Sid Robinson

Personal information
- Nationality: American
- Born: December 6, 1902 Winona, Mississippi, U.S.
- Died: January 8, 1982 (aged 79) Bloomington, Indiana, U.S.

Sport
- Sport: Middle-distance running
- Event: 1500 metres

= Sid Robinson (athlete) =

American middle-distance runner

Sidney Robinson Jr. (December 6, 1902 - January 9, 1982) was an American physiologist who had been a middle-distance runner. He competed in the men's 1500 metres at the 1928 Summer Olympics. He earned a PhD from Harvard University in 1938 and was a professor emeritus of physiology at Indiana University. His research in the effects of thermal stress on the human body led to the development of better clothes for the United States military.

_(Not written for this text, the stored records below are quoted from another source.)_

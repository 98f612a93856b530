-- ===== src/System/Changes.antt =====
-- The changes of groups, the deletion of logs and the rows of analyses keep the tables sound.
use loglens_api.Base.{ℕ, ◌≡◌, refl, Bool, Option, List, [], ◌∷◌, arith, inl, inr, Bool-cases}
use loglens_api.Table.{update_where, delete_where}
use loglens_api.Table.Unique.{
  IsNumbered, IsNumbered-insert_row, IsNumbered-update_where, IsNumbered-delete_where,
  AtMostOne-update_where,
}
use loglens_api.Models.{Log, ErrorGroup, ErrorAnalysis}
use loglens_api.Models.Enums.{ErrorGroupStatus}
use loglens_api.Effect.{Env, World, Db, Sequences, QueuedTask}
use loglens_api.Effect.Keeps.{Keeps}
use loglens_api.Repositories.ErrorGroups.{
  GroupValues, is_same_group, update_status, update_assignment,
}
use loglens_api.Repositories.Logs.{delete_log}
use loglens_api.Repositories.Analyses.{create_pending_analysis, save_analysis}
use loglens_api.Logs.Counting.{in_group, occurrences}
use loglens_api.Logs.Deleting.{length-select_where-delete_where-le}
use loglens_api.System.Logs.{later-DbIsSound}
use loglens_api.System.Sound.{LogsAreSound, DbIsSound, IsSound}

occurrences-update_where :
    (n : ℕ) (p : ErrorGroup → Bool) (f : ErrorGroup → ErrorGroup) (gs : List ErrorGroup)
    → ((g : ErrorGroup) → (f g).id ≡ g.id)
    → ((g : ErrorGroup) → (f g).occurrence_count ≡ g.occurrence_count)
    → occurrences n (update_where p f gs) ≡ occurrences n gs
unfolding occurrences update_where
occurrences-update_where n p f [] id count = refl
occurrences-update_where n p f (g ∷ gs) id count =
    let rest = occurrences-update_where n p f gs id count in
    elim (Bool-cases (p g)) [ inl e ↦ rw (e, rest, id g, count g) refl | inr e ↦ rw (e, rest) refl ]

module _ {s : Sequences} {q : List QueuedTask} {d : Db} where
  logs-DbIsSound :
      {gs : List ErrorGroup} {ls : List Log}
      → DbIsSound s q d
      → LogsAreSound s.next_group s.next_log gs ls
      → DbIsSound s q (record d { error_groups = gs; logs = ls })
  logs-DbIsSound h logs = record {
    users = h.users;
    tokens = h.tokens;
    logs = logs;
    jobs = h.jobs;
    analyses = h.analyses;
  }

module _ {env : Env} (w : World env) where
  -- A change of groups that keeps ids, keys and counts.
  group_change-IsSound :
      (p : ErrorGroup → Bool) (f : ErrorGroup → ErrorGroup)
      → ((g : ErrorGroup) → (f g).id ≡ g.id)
      → ((g : ErrorGroup) → (f g).occurrence_count ≡ g.occurrence_count)
      → ((v : GroupValues) (g : ErrorGroup) → is_same_group v (f g) ≡ is_same_group v g)
      → IsSound w
      → IsSound (record w {
        working = record w.working { error_groups = update_where p f w.working.error_groups };
      })
  group_change-IsSound p f id count key h = (
    h.0,
    logs-DbIsSound h.1 (record {
      group_ids =
          IsNumbered-update_where _ p f 0 w.sequences.next_group w.working.error_groups id
            h.1.logs.group_ids;
      log_ids = h.1.logs.log_ids;
      keys = λ v.
          AtMostOne-update_where (is_same_group v) p f w.working.error_groups
            (λ g. elim (Bool-cases (p g)) [ inl e ↦ rw (e, key v g) refl | inr e ↦ rw e refl ])
            (h.1.logs.keys v);
      counts = λ n.
          rw (occurrences-update_where n p f w.working.error_groups id count) (h.1.logs.counts n);
    }),
    h.2,
  )

  pub deletion-IsSound :
      (p : Log → Bool)
      → IsSound w
      → IsSound (record w { working = record w.working { logs = delete_where p w.working.logs } })
  deletion-IsSound p h = (
    h.0,
    logs-DbIsSound h.1 (record {
      group_ids = h.1.logs.group_ids;
      log_ids = IsNumbered-delete_where _ p 0 w.sequences.next_log w.working.logs h.1.logs.log_ids;
      keys = h.1.logs.keys;
      counts = λ n. omega (
        arith,
        h.1.logs.counts n,
        length-select_where-delete_where-le (in_group n) p w.working.logs,
      );
    }),
    h.2,
  )

  analyses-DbIsSound :
      {s : Sequences} {q : List QueuedTask} {d : Db} {rows : List ErrorAnalysis}
      → DbIsSound s q d
      → IsNumbered (λ a. a.id) 0 s.next_analysis rows
      → DbIsSound s q (record d { error_analyses = rows })
  analyses-DbIsSound h analyses = record {
    users = h.users;
    tokens = h.tokens;
    logs = h.logs;
    jobs = h.jobs;
    analyses = analyses;
  }

module _ {env : Env} where
  pub update_status-IsSound :
      (g : ErrorGroup) (status : ErrorGroupStatus)
      → Keeps IsSound (update_status {env = env} g status)
  unfolding update_status
  update_status-IsSound g status = record {
    at = λ w. group_change-IsSound w _ _ (λ g. refl) (λ g. refl) (λ v g. refl);
  }

  pub update_assignment-IsSound :
      (g : ErrorGroup) (assignee : Option ℕ)
      → Keeps IsSound (update_assignment {env = env} g assignee)
  unfolding update_assignment
  update_assignment-IsSound g assignee = record {
    at = λ w. group_change-IsSound w _ _ (λ g. refl) (λ g. refl) (λ v g. refl);
  }

  pub delete_log-IsSound : (l : Log) → Keeps IsSound (delete_log {env = env} l)
  unfolding delete_log
  delete_log-IsSound l = record { at = λ w. deletion-IsSound w _ }

  pub create_pending_analysis-IsSound :
      (group_id created_by : ℕ)
      → Keeps IsSound (create_pending_analysis {env = env} group_id created_by)
  unfolding create_pending_analysis
  create_pending_analysis-IsSound group_id created_by = record {
    at = λ w h. (
      later-DbIsSound refl refl (omega arith) (omega arith) (omega arith) h.0,
      analyses-DbIsSound w (later-DbIsSound refl refl (omega arith) (omega arith) (omega arith) h.1)
          (IsNumbered-insert_row _ 0 w.sequences.next_analysis _ w.working.error_analyses refl
            h.1.analyses),
      h.2,
    );
  }

  pub save_analysis-IsSound :
      (change : ErrorAnalysis → ErrorAnalysis) (a : ErrorAnalysis)
      → ((a : ErrorAnalysis) → (change a).id ≡ a.id)
      → Keeps IsSound (save_analysis {env = env} change a)
  unfolding save_analysis
  save_analysis-IsSound change a id = record {
    at = λ w h. (
      h.0,
      analyses-DbIsSound w h.1 (
          IsNumbered-update_where _ _ _ 0 w.sequences.next_analysis w.working.error_analyses id
            h.1.analyses),
      h.2,
    );
  }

Sidney Robinson was born near Lodi, Montgomery County, Mississippi on December 6, 1902, to parents Sidney I. Robinson and Emma Townsend Robinson. He attended primary school in nearby Winona, Mississippi, before attending high school in Arkansas. Robinson graduated from Mississippi A&M College, now known as Mississippi State University, with a bachelor's degree in science in 1924. While there, Robinson was a member of A&M's track team, coached by Earl C. Hayes. Robinson then attended Cornell University, where he earned a Master of Science degree in 1930. Robinson moved to Indiana University Bloomington the same year of his graduation at Cornell to serve as an assistant professor of physical and health education as well as assistant track coach under Hayes. At Indiana, Robinson's cross-country teams won five straight Big Ten Conference championships and three national Amateur Athletic Union championships.

Robinson returned to school and graduated with a PhD from Harvard University in 1938. Robinson then returned to Indiana, where he became an associate professor of physiology in 1940 and a full professor in 1946. Robinson served as the university's chairman of the departments of anatomy and physiology from 1958 until 1964. In 1967, Robinson won the Honor Award from the American College of Sports Medicine. His citation read:

A renowned athlete, skilled track coach, preeminent physiologist and experienced administrator, whose environmental laboratory at Indiana is a tribute to his genius. This award is given for his notable contributions to the physiology of exercise, of aging, of thermal stress and war time studies which led to improved clothing and equipment for the armed forces.
— American College of Sports Medicine (1967)

Robinson died on January 8, 1982, in Bloomington, Indiana. He was 79.